Source information ▸
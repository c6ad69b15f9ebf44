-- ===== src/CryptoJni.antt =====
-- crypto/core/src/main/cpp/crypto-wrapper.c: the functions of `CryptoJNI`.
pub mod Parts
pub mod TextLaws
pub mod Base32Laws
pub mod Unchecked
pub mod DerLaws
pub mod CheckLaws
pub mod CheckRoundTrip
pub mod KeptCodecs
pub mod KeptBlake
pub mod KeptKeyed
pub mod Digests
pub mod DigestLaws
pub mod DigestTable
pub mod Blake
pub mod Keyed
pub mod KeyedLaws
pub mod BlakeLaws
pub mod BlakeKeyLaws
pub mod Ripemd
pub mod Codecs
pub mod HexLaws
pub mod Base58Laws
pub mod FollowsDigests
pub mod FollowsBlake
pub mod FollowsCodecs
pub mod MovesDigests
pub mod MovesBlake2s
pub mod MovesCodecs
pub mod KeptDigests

Task prompt ▸ For the entries above, transcribe precisely the lines from the one with "pub mod MovesDigests" through the end, including both.

Worked solution ▸
pub mod MovesDigests
pub mod MovesBlake2s
pub mod MovesCodecs
pub mod KeptDigests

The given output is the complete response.